- Fforestfach Location within Swansea
- OS grid reference: SS613956
- Principal area: Swansea;
- Preserved county: West Glamorgan;
- Country: Wales
- Sovereign state: United Kingdom
- Post town: SWANSEA
- Postcode district: SA5
- Dialling code: 01792
- Police: South Wales
- Fire: Mid and West Wales
- Ambulance: Welsh
- UK Parliament: Swansea West;
- Senedd Cymru – Welsh Parliament: Swansea West;

= Fforestfach =

Fforestfach is a suburban district of Swansea, Wales which developed during the Victorian era as part of the expansion of Swansea, and to service several collieries in the area. It lies within the Cockett ward, between the districts of Waunarlwydd and Cwmbwrla, and contains the areas of Cadle and Ravenhill.

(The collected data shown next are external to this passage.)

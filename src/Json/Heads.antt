-- ===== src/Json/Heads.antt =====
-- Which values of Plugins/FrameSolver/Standalone/v2/MiniJson.h read back, and how their texts start.
use Prim.Native.String.{String}
use architect_simulator.Base.{
  ◌≡◌, refl, ap, sym, ◌∙◌, ℕ, suc, ◌<◌, Bool, true, false, ◌||◌, List, [], ◌∷◌, ◌++◌, arith, ltb,
  ◌==◌,
}
use architect_simulator.Json.{dump_string}
use architect_simulator.Json.RoundTrip.{parse_string-dump_string}
use architect_simulator.Json.Number.{
  scanned, refused, Scan, Number, int, double, is_digit, parse_number, scan_signed, scan_whole,
}
use architect_simulator.Json.Integers.{Stops, IsInt64, parse_number-dump_int}
use architect_simulator.Json.Value.{
  Json, null, bool, number, string, array, object, Items, nil, cons, Fields, end, field, has_key,
  append, emplace, dump_number, dump,
}
use architect_simulator.Json.Proper.{Distinct}
use architect_simulator.Json.Parse.{
  Outcome, read, then_read, max_json_depth, is_space, skip, number_outcome, open_array, after_key,
  key_outcome, parse_key, start_value,
}

-- The first byte of a value's text: none of those that the parser skips, and not a closing bracket.
pub data Head : List ℕ → Type 0 where
  head : (c : ℕ) (cs : List ℕ) → is_space c ≡ false → (c == 93) ≡ false → Head (c ∷ cs)

pub skip-Head : (s : List ℕ) → Head s → skip s ≡ s
unfolding skip
skip-Head s (head c cs a b) = rw a refl

pub Head-append : (s rest : List ℕ) → Head s → Head (s ++ rest)
Head-append s rest (head c cs a b) = head c (cs ++ rest) a b

refused-scanned :
    {A : Type 0} {why : String} {a : A} {rest : List ℕ}
    → ◌≡◌ {A = Scan A} (refused why) (scanned a rest)
    → ⊥
refused-scanned e = ground (arith, e)

module _ {D : Type 0} (strtod : List ℕ → D) (is_finite : D → Bool) where
  parse_number-refused :
      (c : ℕ) (cs : List ℕ)
      → (c == 45) ≡ false
      → is_digit c ≡ false
      → parse_number strtod is_finite (c ∷ cs) ≡ refused "expected digit"
  unfolding parse_number scan_signed scan_whole
  parse_number-refused c cs a b = rw (a, b) refl

  starts_number :
      (c : ℕ) (cs rest : List ℕ) (n : Number D)
      → parse_number strtod is_finite (c ∷ cs) ≡ scanned n rest
      → (c == 45) || is_digit c ≡ true
  starts_number c cs rest n e = go (c == 45) (is_digit c) refl refl
    where
      go : (a b : Bool) → (c == 45) ≡ a → is_digit c ≡ b → a || b ≡ true
      go true b p q = refl
      go false true p q = refl
      go false false p q =
          let no : ◌≡◌ {A = Scan (Number D)} (refused "expected digit") (scanned n rest) =
            sym (parse_number-refused c cs p q) ∙ e in
          ground (arith, no)

  pub start_value-number :
      (depth c : ℕ) (cs : List ℕ) (items : ℕ → List ℕ → Outcome (Items D))
      (fields : ℕ → Fields D → List ℕ → Outcome (Fields D))
      → (c == 45) || is_digit c ≡ true
      → start_value strtod is_finite depth items fields (c ∷ cs)
        ≡ number_outcome strtod is_finite (parse_number strtod is_finite (c ∷ cs))
  unfolding start_value
  start_value-number depth c cs items fields h =
      let a : (c == 34) ≡ false = ground (arith, h) in
      let b : (c == 123) ≡ false = ground (arith, h) in
      let d : (c == 91) ≡ false = ground (arith, h) in
      let e : (c == 116) || (c == 102) ≡ false = ground (arith, h) in
      let f : (c == 110) ≡ false = ground (arith, h) in rw (a, b, d, e, f, h) refl

  pub open_array-Head :
      (depth : ℕ) (items : ℕ → List ℕ → Outcome (Items D)) (s : List ℕ)
      → Head s
      → depth < max_json_depth
      → open_array strtod is_finite depth items s
        ≡ then_read (items (suc depth) s) (λ vs rest. read (array vs) rest)
  unfolding open_array
  open_array-Head depth items s (head c cs a b) l =
      let deep : ltb max_json_depth (suc depth) ≡ false = ground (arith, l) in rw (deep, b) refl

  pub parse_key-dump_string :
      (k s : List ℕ) → parse_key strtod is_finite (dump_string k ++ 58 ∷ s) ≡ read k s
  unfolding parse_key dump_string skip after_key
  parse_key-dump_string k s =
      ap (key_outcome strtod is_finite) (parse_string-dump_string k (58 ∷ s))

  pub emplace-new :
      (k : List ℕ) (v : Json D) (fs : Fields D)
      → has_key k fs ≡ false
      → emplace k v fs ≡ append fs (field k v end)
  unfolding emplace
  emplace-new k v fs e = rw e refl

  module _ (format : D → List ℕ) where
    -- What a number is printed as is read as that number. An integral double is not such a number, since
    -- "%.17g" leaves the point out.
    abbrev pub ReadsBack : D → Type 0
    ReadsBack d =
        (rest : List ℕ)
        → Stops rest
        → parse_number strtod is_finite (format d ++ rest) ≡ scanned (double d) rest

    abbrev pub NumberReads : Number D → Type 0
    NumberReads (int z) = IsInt64 z
    NumberReads (double d) = ReadsBack d

    -- A value inside so many arrays and objects that keeps within the bounds of the parser.
    unfoldable mutual
      pub IsReadable : ℕ → Json D → Type 0
      IsReadable depth null = Unit
      IsReadable depth (bool b) = Unit
      IsReadable depth (number n) = NumberReads n
      IsReadable depth (string s) = Unit
      IsReadable depth (array xs) = (depth < max_json_depth) × AreReadable (suc depth) xs
      IsReadable depth (object fs) =
          (depth < max_json_depth) × FieldsReadable (suc depth) fs × Distinct fs

      pub AreReadable : ℕ → Items D → Type 0
      AreReadable depth nil = Unit
      AreReadable depth (cons x xs) = IsReadable depth x × AreReadable depth xs

      pub FieldsReadable : ℕ → Fields D → Type 0
      FieldsReadable depth end = Unit
      FieldsReadable depth (field k v fs) = IsReadable depth v × FieldsReadable depth fs

    pub parse_number-dump_number :
        (n : Number D) (rest : List ℕ)
        → NumberReads n
        → Stops rest
        → parse_number strtod is_finite (dump_number format n ++ rest) ≡ scanned n rest
    unfolding dump_number
    parse_number-dump_number (int z) rest h s = parse_number-dump_int strtod is_finite z rest h s
    parse_number-dump_number (double d) rest h s = h rest s

    -- The text of a number starts with a digit or a minus sign.
    pub data NumberHead : List ℕ → Type 0 where
      starts : (c : ℕ) (cs : List ℕ) → (c == 45) || is_digit c ≡ true → NumberHead (c ∷ cs)

    pub dump_number-NumberHead : (n : Number D) → NumberReads n → NumberHead (dump_number format n)
    unfolding parse_number
    dump_number-NumberHead n h = go (dump_number format n) (parse_number-dump_number n [] h tt)
      where
        go : (s : List ℕ) → parse_number strtod is_finite (s ++ []) ≡ scanned n [] → NumberHead s
        go [] e = elim (refused-scanned e) [ ]
        go (c ∷ cs) e = starts c cs (starts_number c (cs ++ []) [] n e)

    pub NumberHead-Head : (s : List ℕ) → NumberHead s → Head s
    NumberHead-Head s (starts c cs h) = head c cs (ground (arith, h)) (ground (arith, h))

    pub dump-Head : (v : Json D) (depth : ℕ) → IsReadable depth v → Head (dump format v)
    unfolding dump IsReadable dump_string
    dump-Head null depth h = head 110 _ refl refl
    dump-Head (bool true) depth h = head 116 _ refl refl
    dump-Head (bool false) depth h = head 102 _ refl refl
    dump-Head (number n) depth h = NumberHead-Head _ (dump_number-NumberHead n h)
    dump-Head (string s) depth h = head 34 _ refl refl
    dump-Head (array nil) depth h = head 91 _ refl refl
    dump-Head (array (cons x xs)) depth h = head 91 _ refl refl
    dump-Head (object end) depth h = head 123 _ refl refl
    dump-Head (object (field k v fs)) depth h = head 123 _ refl refl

The area is residential combined with light industry and retail park; and is close to the M4 motorway and several dual carriageways. Corgi Toys and Walkers Crisps had factories in the area, but they have now ceased their operations here. Local amenities include the premises of the City of Swansea Gymnastic Club, and Ravenhill Park. The nearby places are Portmead, Gendros, Waunarlwydd and Penllergaer.

==History==
The village of Fforestfach developed around the crossroad, Fforestfach Cross, of the A483, Carmarthen Road, and the A4216 road from Cockett. Carmarthen Road was the old turnpike or mail coach road from Swansea to Carmarthen.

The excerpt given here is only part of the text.